Resistance bands are perfect for training outdoors, at home, in the office, on vacation or anywhere. They are compact and easy to store. You are not limited to one muscle group when performing resistance band exercises. You can make a full body workout just with a resistance band because the resistance level is adjustable with the different colors of the bands. It's a amazing sports equipment and excellent for toning, building or sculpting your body.
It is important to know that there are different types of elastic bands bodybuilding and different brands whose resistance can vary from very low to very strong (4kg to 20kg for example) according to a specific color code.
- Lower into a kneeling position with the RIGHT foot in front and the LEFT knee on the mat.
- Place one end of the band under the arch of your front foot.
- Grasp the other end of the band with your RIGHT hand and place your RIGHT elbow on your front thigh.
- Start with your arm extended towards the floor and your palm facing the center.
- Use your biceps to pull the band up and curl your arm straight up.
- Standing with feet apart, hold the elastic band in your RIGHT hand, then cross your hand over your LEFT shoulder.
- Keep your RIGHT hand anchored to the shoulder while holding the other end of the band in your LEFT hand.
- Use your triceps to pull the band down, away from your shoulder.
- Make sure you squeeze the back of your arm tightly.
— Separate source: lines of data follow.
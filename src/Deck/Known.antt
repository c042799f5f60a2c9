-- ===== src/Deck/Known.antt =====
-- Which messages leave the ship deck (src/server/Shipdeck.cpp) knowing a client as before, by the same
-- name.
pub mod Crew
pub mod Services
use pirate_servers.Base.{
  String, ◌≡◌, ◌≢◌, refl, sym, ap, subst, ◌∙◌, String-cases, inl, inr, eq_iff, ◌==◌, ◌&&◌, not,
  Bool, true, false, false≢true, List, [], ◌∷◌, ◌++◌, arith, if◌then◌else◌,
}
use pirate_servers.Base.Map.{
  Map, contains, index, index-touch, touch, insert, lookup-touch, lookup-insert,
}
use pirate_servers.Base.Outcome.{ok}
use pirate_servers.Wire.{Message, frame}
use pirate_servers.Defines.{
  ClientId, CabinId, ServerId, CabinInfo, ClientInfo, no_client, set_offline, set_cabin_id,
  client_info, set_crew_id, set_server_id,
}
use pirate_servers.Deck.{Deck, Sent, client_at, touch_client, touch_name, cabin_named}
use pirate_servers.Deck.Change.{
  Change, left, refused, moved, sent_away, change_player_cabins-Change, same_names,
}
use pirate_servers.Deck.Count.Moves.{client_map-leave_cabin}
use pirate_servers.Deck.Crew.{
  leave, join, show, ping, showall, quit, login, handle_crewmate_input,
  handle_crewmate_input_command, handle_crewmate_input_text,
}
use pirate_servers.Deck.Delivery.{arrive}
use pirate_servers.Deck.Keeps.{Gives, Gives-ok, keeps_rules}
use pirate_servers.Deck.Move.{change_player_cabins, modify_client, leave_cabin, enter_cabin}

-- No other name leads to the client than before, and it is known if it was.
pub record IsSteady (c_id : ClientId) (d d' : Deck) : Type 0 where
  pub keys : contains c_id d'.client_map ≡ contains c_id d.client_map
  pub ids :
      (name : String)
      → index name "" d'.crew_name_to_id ≡ c_id
      → index name "" d.crew_name_to_id ≡ c_id

module _ (c_id : ClientId) where
  pub still-IsSteady : (d : Deck) → IsSteady c_id d d
  still-IsSteady d = record { keys = refl; ids = λ name e. e }

  pub then-IsSteady :
      {d d' d'' : Deck} → IsSteady c_id d d' → IsSteady c_id d' d'' → IsSteady c_id d d''
  then-IsSteady first second = record {
    keys = second.keys ∙ first.keys;
    ids = λ name e. first.ids name (second.ids name e);
  }

  -- The client is not the one at hand, or is known.
  abbrev pub KnownIf : ClientId → Deck → Type 0
  KnownIf crew_id d = crew_id ≡ c_id → contains c_id d.client_map ≡ true

  touched_keys :
      (crew_id : ClientId) (m : Map ClientInfo)
      → (crew_id ≡ c_id → contains c_id m ≡ true)
      → contains c_id (touch crew_id no_client m) ≡ contains c_id m
  touched_keys crew_id m known = elim (String-cases crew_id c_id) [
    | inl same ↦
        ground (arith, known same, eq_iff crew_id c_id, lookup-touch crew_id c_id no_client m)
    | inr other ↦ ground (arith, eq_iff crew_id c_id, lookup-touch crew_id c_id no_client m)
  ]

  pub set_keys :
      (crew_id : ClientId) (client : ClientInfo) (m : Map ClientInfo)
      → (crew_id ≡ c_id → contains c_id m ≡ true)
      → contains c_id (insert crew_id client m) ≡ contains c_id m
  set_keys crew_id client m known = elim (String-cases crew_id c_id) [
    | inl same ↦
        ground (arith, known same, eq_iff crew_id c_id, lookup-insert crew_id c_id client m)
    | inr other ↦ ground (arith, eq_iff crew_id c_id, lookup-insert crew_id c_id client m)
  ]

  pub touch-IsSteady :
      (crew_id : ClientId) (d : Deck) → KnownIf crew_id d → IsSteady c_id d (touch_client crew_id d)
  touch-IsSteady crew_id d known = record {
    keys = touched_keys crew_id d.client_map known;
    ids = λ name e. e;
  }

  left_keys :
      (crew_id : ClientId) (d : Deck)
      → KnownIf crew_id d
      → contains c_id (left crew_id d).client_map ≡ contains c_id d.client_map
  left_keys crew_id d known =
      ap (λ (m : Map ClientInfo). contains c_id m)
        (client_map-leave_cabin (client_at crew_id d).curr_cabin (touch_client crew_id d))
      ∙ touched_keys crew_id d.client_map known

  arrived_keys :
      (crew_id : ClientId) (cab_id : CabinId) (d : Deck)
      → KnownIf crew_id d
      → contains c_id (arrive crew_id cab_id d).client_map ≡ contains c_id d.client_map
  unfolding enter_cabin
  arrived_keys crew_id cab_id d known =
      set_keys crew_id _ (left crew_id d).client_map
        (λ same. left_keys crew_id d known ∙ known same)
      ∙ left_keys crew_id d known

  changed_keys :
      (crew_id : ClientId) (cab_id : CabinId) (d : Deck)
      → KnownIf crew_id d
      → (r : Deck × List Sent) → Change crew_id cab_id d r
      → contains c_id r.0.client_map ≡ contains c_id d.client_map
  changed_keys crew_id cab_id d known r (refused online e) =
      rw e (touched_keys crew_id d.client_map known)
  changed_keys crew_id cab_id d known r (moved online e) =
      rw e (arrived_keys crew_id cab_id d known)
  changed_keys crew_id cab_id d known r (sent_away offline e) = rw e (left_keys crew_id d known)

  pub change-IsSteady :
      (crew_id : ClientId) (cab_id : CabinId) (d : Deck)
      → KnownIf crew_id d
      → IsSteady c_id d (change_player_cabins crew_id cab_id d).0
  change-IsSteady crew_id cab_id d known =
      let r = change_player_cabins crew_id cab_id d in
      let change = change_player_cabins-Change crew_id cab_id d in
      record {
        keys = changed_keys crew_id cab_id d known r change;
        ids = λ name e.
            sym (ap (λ (m : Map ClientId). index name "" m) (same_names crew_id cab_id d r change))
            ∙ e;
      }

  -- The client's entry and a cabin's name are looked up before the rest is done.
  pub looked_up-IsSteady :
      (crew_id : ClientId) (cabin_name : String) (d : Deck)
      → KnownIf crew_id d
      → IsSteady c_id d (touch_client crew_id (touch_name cabin_name d))
  looked_up-IsSteady crew_id cabin_name d known = record {
    keys = touched_keys crew_id d.client_map known;
    ids = λ name e. e;
  }

  pub looked_up_change-IsSteady :
      (crew_id : ClientId) (cab_id : CabinId) (cabin_name : String) (d : Deck)
      → KnownIf crew_id d
      → let touched = touch_client crew_id (touch_name cabin_name d) in
        IsSteady c_id d (change_player_cabins crew_id cab_id touched).0
  looked_up_change-IsSteady crew_id cab_id cabin_name d known =
      let touched = looked_up-IsSteady crew_id cabin_name d known in
      then-IsSteady touched (
        change-IsSteady crew_id cab_id (touch_client crew_id (touch_name cabin_name d))
          (λ same. touched.keys ∙ known same))

  pub either-IsSteady :
      {d : Deck} (b : Bool) (r s : Deck × List Sent)
      → IsSteady c_id d r.0
      → IsSteady c_id d s.0
      → IsSteady c_id d (if b then r else s).0
  either-IsSteady true r s hr hs = hr
  either-IsSteady false r s hr hs = hs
Then, controlling, bring it back to your shoulder.
- Start standing up and put your left arm through the band and put one end around the back of your shoulder.
- Raise your RIGHT hand to cut off the top of your shoulder and hold the band in place.
- Grasp the other end of the band with your LEFT hand and lift your elbow out to the side to shoulder height.
- Your elbow should be bent about 90 degrees with the palm facing down.
- Keep your shoulder steady by using your chest and arm muscles to press down on the band and straighten your arm.
- While maintaining control, bend your arm inward, making sure your elbow does not drop.
- Your arm should be parallel to the ground all the time.
- Stand up straight, abs tight, tucked in, and feet hip-width apart.
- Place the band around your wrists and spread your arms out above your shoulders, palms facing forward.
- Pull your elbows down from the waist, widening the band and pulling it behind your head.
- Make sure you engage your shoulder blades and pull them down your back, focusing on using your back muscles.
Standing with your feet hip-width apart and abs engaged, place the band around your forearms, near your elbows.
Keep your arms bent at 90 degrees and bring them straight in front of you, so that your elbows are shoulder-width apart.
Squeeze your shoulder blades and open your arms wide into the goal post position, stretching the band across your chest.
Slowly bring your arms back and repeat the operation 15 times. Remember: Remember to keep your shoulder blades down, and really squeeze them together.